» **Supplied information**:
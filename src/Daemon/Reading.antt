-- ===== src/Daemon/Reading.antt =====
-- The loop of processOpenTrustlet that reads the blob: when it ends, and when it does not.
use trustonic_tee_user_space.Prelude.{
  ℕ, zero, suc, ◌+◌, ◌-◌, ◌<◌, ◌≤◌, ◌≡◌, ◌≢◌, refl, subst, true, List, [], ◌∷◌, ◌++◌, Option, none,
  some, arith, ltb, length, length-append, Option-cases, Bool-cases, inl, inr,
}
use trustonic_tee_user_space.Daemon.{World, Daemon, payload, has_device, recv_payload, check_device}
use trustonic_tee_user_space.Daemon.Trustlet.{
  Reads, OpenTrustletRequest, read_trustlet, receive_blob, process_open_trustlet,
}
use trustonic_tee_user_space.Daemon.Dispatch.{open_trustlet, handle_command}

-- A read of a connected peer: an error, or at least one byte and at most those asked for.
abbrev pub Progress : ℕ → Option (List ℕ) → Type 0
Progress asked none = Unit
Progress asked (some bytes) = (0 < length bytes) × (length bytes ≤ asked)

-- The loop has ended: with an error, or with a blob of the length.
abbrev pub Complete : ℕ → Option (Option (List ℕ)) → Type 0
Complete len none = ⊥
Complete len (some none) = Unit
Complete len (some (some blob)) = length blob ≡ len

-- If every read of a missing part makes progress, the loop ends after at most as many rounds as
-- bytes are missing: with an error, or with exactly the bytes announced.
pub read_trustlet-Complete :
    (fuel : ℕ) (reads : Reads) (round len : ℕ) (got : List ℕ)
    → ((i asked : ℕ) → 0 < asked → Progress asked (reads i asked))
    → length got ≤ len
    → len < length got + fuel
    → Complete len (read_trustlet fuel reads round len got)
unfolding read_trustlet
read_trustlet-Complete zero reads round len got p h f = absurd (omega arith)
read_trustlet-Complete (suc fuel) reads round len got p h f =
    elim (Bool-cases (ltb (length got) len)) [
      | inr e ↦ rw (e, read_trustlet) (ground arith)
      | inl e ↦ elim (Option-cases (reads round (len - length got))) [
        | inl r ↦ rw (e, r, read_trustlet) tt
        | inr (bytes, r) ↦
            let less : length got < len = ground arith in
            let (some_bytes, few) : Progress (len - length got) (some bytes) =
              subst (Progress (len - length got)) r
                (p round (len - length got) (omega (arith, less))) in
            let sum = length-append got bytes in
            rw (e, r, read_trustlet)
              (read_trustlet-Complete fuel reads (suc round) len (got ++ bytes) p (omega arith)
                (omega arith))
      ]
    ]

-- The reads give nothing any more, from the round on: the peer has closed.
abbrev pub Closed : ℕ → Reads → Type 0
Closed round reads = (i asked : ℕ) → reads (round + i) asked ≡ some []

read_trustlet-Closed :
    (fuel : ℕ) (reads : Reads) (round len : ℕ) (got : List ℕ)
    → Closed round reads
    → length got < len
    → read_trustlet fuel reads round len got ≡ none
unfolding read_trustlet
read_trustlet-Closed zero reads round len got p h = refl
read_trustlet-Closed (suc fuel) reads round len got p h =
    let here : reads round (len - length got) ≡ some [] =
      subst (λ i. reads i (len - length got) ≡ some []) (omega arith) (p 0 (len - length got)) in
    let later : Closed (suc round) reads =
      λ i asked. subst (λ j. reads j asked ≡ some []) (omega arith) (p (suc i) asked) in
    let short : ltb (length got) len ≡ true = ground arith in
    rw (short, here, read_trustlet)
      (read_trustlet-Closed fuel reads (suc round) len (got ++ []) later
        (omega (arith, length-append got [])))

-- From the round on, the reads give the chunks, fewer bytes together than are missing, and then the
-- peer has closed. A read that fails ends the loop, and is not one of these.
abbrev pub ClosesEarly : Reads → (round missing : ℕ) → (chunks : List (List ℕ)) → Type 0
ClosesEarly reads round missing [] = (0 < missing) × Closed round reads
ClosesEarly reads round missing (chunk ∷ chunks) =
    (reads round missing ≡ some chunk)
    × (length chunk < missing)
    × ClosesEarly reads (suc round) (missing - length chunk) chunks

read_trustlet-ClosesEarly :
    (fuel : ℕ) (reads : Reads) (round len : ℕ) (got : List ℕ) (chunks : List (List ℕ))
    → length got ≤ len
    → ClosesEarly reads round (len - length got) chunks
    → read_trustlet fuel reads round len got ≡ none
unfolding read_trustlet
read_trustlet-ClosesEarly zero reads round len got chunks few early = refl
read_trustlet-ClosesEarly (suc fuel) reads round len got [] few (missing, closed) =
    read_trustlet-Closed (suc fuel) reads round len got closed (omega (arith, missing))
read_trustlet-ClosesEarly (suc fuel) reads round len got (chunk ∷ chunks) few (now, short, later) =
    let less : ltb (length got) len ≡ true = ground (arith, short) in
    let sum = length-append got chunk in
    let left : len - length got - length chunk ≡ len - length (got ++ chunk) = omega (arith, sum) in
    rw (less, now, read_trustlet)
      (read_trustlet-ClosesEarly fuel reads (suc round) len (got ++ chunk) chunks
        (omega (arith, sum, short))
        (subst (λ n. ClosesEarly reads (suc round) n chunks) left later))

-- A client that sends any number of chunks, fewer bytes together than it announced, and then closes
-- its socket: the handler does not return, however long it runs, since a read of nothing is not
-- taken for the end. The device is open, and there is memory for the Trustlet.
pub open_trustlet-hangs :
    (fuel : ℕ) (w : World) (d : Daemon) (connection : ℕ) (reads : Reads) (cmd : OpenTrustletRequest)
    (chunks : List (List ℕ))
    → has_device connection d.opened ≡ true
    → w.malloc d.device.log cmd.trustlet_len ≢ none
    → ClosesEarly reads 0 cmd.trustlet_len chunks
    → handle_command fuel w d connection (open_trustlet reads (payload cmd)) ≡ none
unfolding handle_command process_open_trustlet recv_payload check_device receive_blob
open_trustlet-hangs fuel w d connection reads cmd chunks o m early =
    elim (Option-cases (w.malloc d.device.log cmd.trustlet_len)) [
      | inl e ↦ absurd (m e)
      | inr (address, e) ↦
          let stuck : read_trustlet fuel reads 0 cmd.trustlet_len [] ≡ none =
            read_trustlet-ClosesEarly fuel reads 0 cmd.trustlet_len [] chunks (omega arith)
              (subst (λ n. ClosesEarly reads 0 n chunks) (omega arith) early) in
          rw (o, e, stuck, receive_blob) refl
    ]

» **Your instructions**:
The full set of entries above has to be restated exactly.

» **Exercise answer**:
filename src/Daemon/Reading.antt
-- ===== src/Daemon/Reading.antt =====
-- The loop of processOpenTrustlet that reads the blob: when it ends, and when it does not.
use trustonic_tee_user_space.Prelude.{
  ℕ, zero, suc, ◌+◌, ◌-◌, ◌<◌, ◌≤◌, ◌≡◌, ◌≢◌, refl, subst, true, List, [], ◌∷◌, ◌++◌, Option, none,
  some, arith, ltb, length, length-append, Option-cases, Bool-cases, inl, inr,
}
use trustonic_tee_user_space.Daemon.{World, Daemon, payload, has_device, recv_payload, check_device}
use trustonic_tee_user_space.Daemon.Trustlet.{
  Reads, OpenTrustletRequest, read_trustlet, receive_blob, process_open_trustlet,
}
use trustonic_tee_user_space.Daemon.Dispatch.{open_trustlet, handle_command}

-- A read of a connected peer: an error, or at least one byte and at most those asked for.
abbrev pub Progress : ℕ → Option (List ℕ) → Type 0
Progress asked none = Unit
Progress asked (some bytes) = (0 < length bytes) × (length bytes ≤ asked)

-- The loop has ended: with an error, or with a blob of the length.
abbrev pub Complete : ℕ → Option (Option (List ℕ)) → Type 0
Complete len none = ⊥
Complete len (some none) = Unit
Complete len (some (some blob)) = length blob ≡ len

-- If every read of a missing part makes progress, the loop ends after at most as many rounds as
-- bytes are missing: with an error, or with exactly the bytes announced.
pub read_trustlet-Complete :
    (fuel : ℕ) (reads : Reads) (round len : ℕ) (got : List ℕ)
    → ((i asked : ℕ) → 0 < asked → Progress asked (reads i asked))
    → length got ≤ len
    → len < length got + fuel
    → Complete len (read_trustlet fuel reads round len got)
unfolding read_trustlet
read_trustlet-Complete zero reads round len got p h f = absurd (omega arith)
read_trustlet-Complete (suc fuel) reads round len got p h f =
    elim (Bool-cases (ltb (length got) len)) [
      | inr e ↦ rw (e, read_trustlet) (ground arith)
      | inl e ↦ elim (Option-cases (reads round (len - length got))) [
        | inl r ↦ rw (e, r, read_trustlet) tt
        | inr (bytes, r) ↦
            let less : length got < len = ground arith in
            let (some_bytes, few) : Progress (len - length got) (some bytes) =
              subst (Progress (len - length got)) r
                (p round (len - length got) (omega (arith, less))) in
            let sum = length-append got bytes in
            rw (e, r, read_trustlet)
              (read_trustlet-Complete fuel reads (suc round) len (got ++ bytes) p (omega arith)
                (omega arith))
      ]
    ]

-- The reads give nothing any more, from the round on: the peer has closed.
abbrev pub Closed : ℕ → Reads → Type 0
Closed round reads = (i asked : ℕ) → reads (round + i) asked ≡ some []

read_trustlet-Closed :
    (fuel : ℕ) (reads : Reads) (round len : ℕ) (got : List ℕ)
    → Closed round reads
    → length got < len
    → read_trustlet fuel reads round len got ≡ none
unfolding read_trustlet
read_trustlet-Closed zero reads round len got p h = refl
read_trustlet-Closed (suc fuel) reads round len got p h =
    let here : reads round (len - length got) ≡ some [] =
      subst (λ i. reads i (len - length got) ≡ some []) (omega arith) (p 0 (len - length got)) in
    let later : Closed (suc round) reads =
      λ i asked. subst (λ j. reads j asked ≡ some []) (omega arith) (p (suc i) asked) in
    let short : ltb (length got) len ≡ true = ground arith in
    rw (short, here, read_trustlet)
      (read_trustlet-Closed fuel reads (suc round) len (got ++ []) later
        (omega (arith, length-append got [])))

-- From the round on, the reads give the chunks, fewer bytes together than are missing, and then the
-- peer has closed. A read that fails ends the loop, and is not one of these.
abbrev pub ClosesEarly : Reads → (round missing : ℕ) → (chunks : List (List ℕ)) → Type 0
ClosesEarly reads round missing [] = (0 < missing) × Closed round reads
ClosesEarly reads round missing (chunk ∷ chunks) =
    (reads round missing ≡ some chunk)
    × (length chunk < missing)
    × ClosesEarly reads (suc round) (missing - length chunk) chunks

read_trustlet-ClosesEarly :
    (fuel : ℕ) (reads : Reads) (round len : ℕ) (got : List ℕ) (chunks : List (List ℕ))
    → length got ≤ len
    → ClosesEarly reads round (len - length got) chunks
    → read_trustlet fuel reads round len got ≡ none
unfolding read_trustlet
read_trustlet-ClosesEarly zero reads round len got chunks few early = refl
read_trustlet-ClosesEarly (suc fuel) reads round len got [] few (missing, closed) =
    read_trustlet-Closed (suc fuel) reads round len got closed (omega (arith, missing))
read_trustlet-ClosesEarly (suc fuel) reads round len got (chunk ∷ chunks) few (now, short, later) =
    let less : ltb (length got) len ≡ true = ground (arith, short) in
    let sum = length-append got chunk in
    let left : len - length got - length chunk ≡ len - length (got ++ chunk) = omega (arith, sum) in
    rw (less, now, read_trustlet)
      (read_trustlet-ClosesEarly fuel reads (suc round) len (got ++ chunk) chunks
        (omega (arith, sum, short))
        (subst (λ n. ClosesEarly reads (suc round) n chunks) left later))

-- A client that sends any number of chunks, fewer bytes together than it announced, and then closes
-- its socket: the handler does not return, however long it runs, since a read of nothing is not
-- taken for the end. The device is open, and there is memory for the Trustlet.
pub open_trustlet-hangs :
    (fuel : ℕ) (w : World) (d : Daemon) (connection : ℕ) (reads : Reads) (cmd : OpenTrustletRequest)
    (chunks : List (List ℕ))
    → has_device connection d.opened ≡ true
    → w.malloc d.device.log cmd.trustlet_len ≢ none
    → ClosesEarly reads 0 cmd.trustlet_len chunks
    → handle_command fuel w d connection (open_trustlet reads (payload cmd)) ≡ none
unfolding handle_command process_open_trustlet recv_payload check_device receive_blob
open_trustlet-hangs fuel w d connection reads cmd chunks o m early =
    elim (Option-cases (w.malloc d.device.log cmd.trustlet_len)) [
      | inl e ↦ absurd (m e)
      | inr (address, e) ↦
          let stuck : read_trustlet fuel reads 0 cmd.trustlet_len [] ≡ none =
            read_trustlet-ClosesEarly fuel reads 0 cmd.trustlet_len [] chunks (omega arith)
              (subst (λ n. ClosesEarly reads 0 n chunks) (omega arith) early) in
          rw (o, e, stuck, receive_blob) refl
    ]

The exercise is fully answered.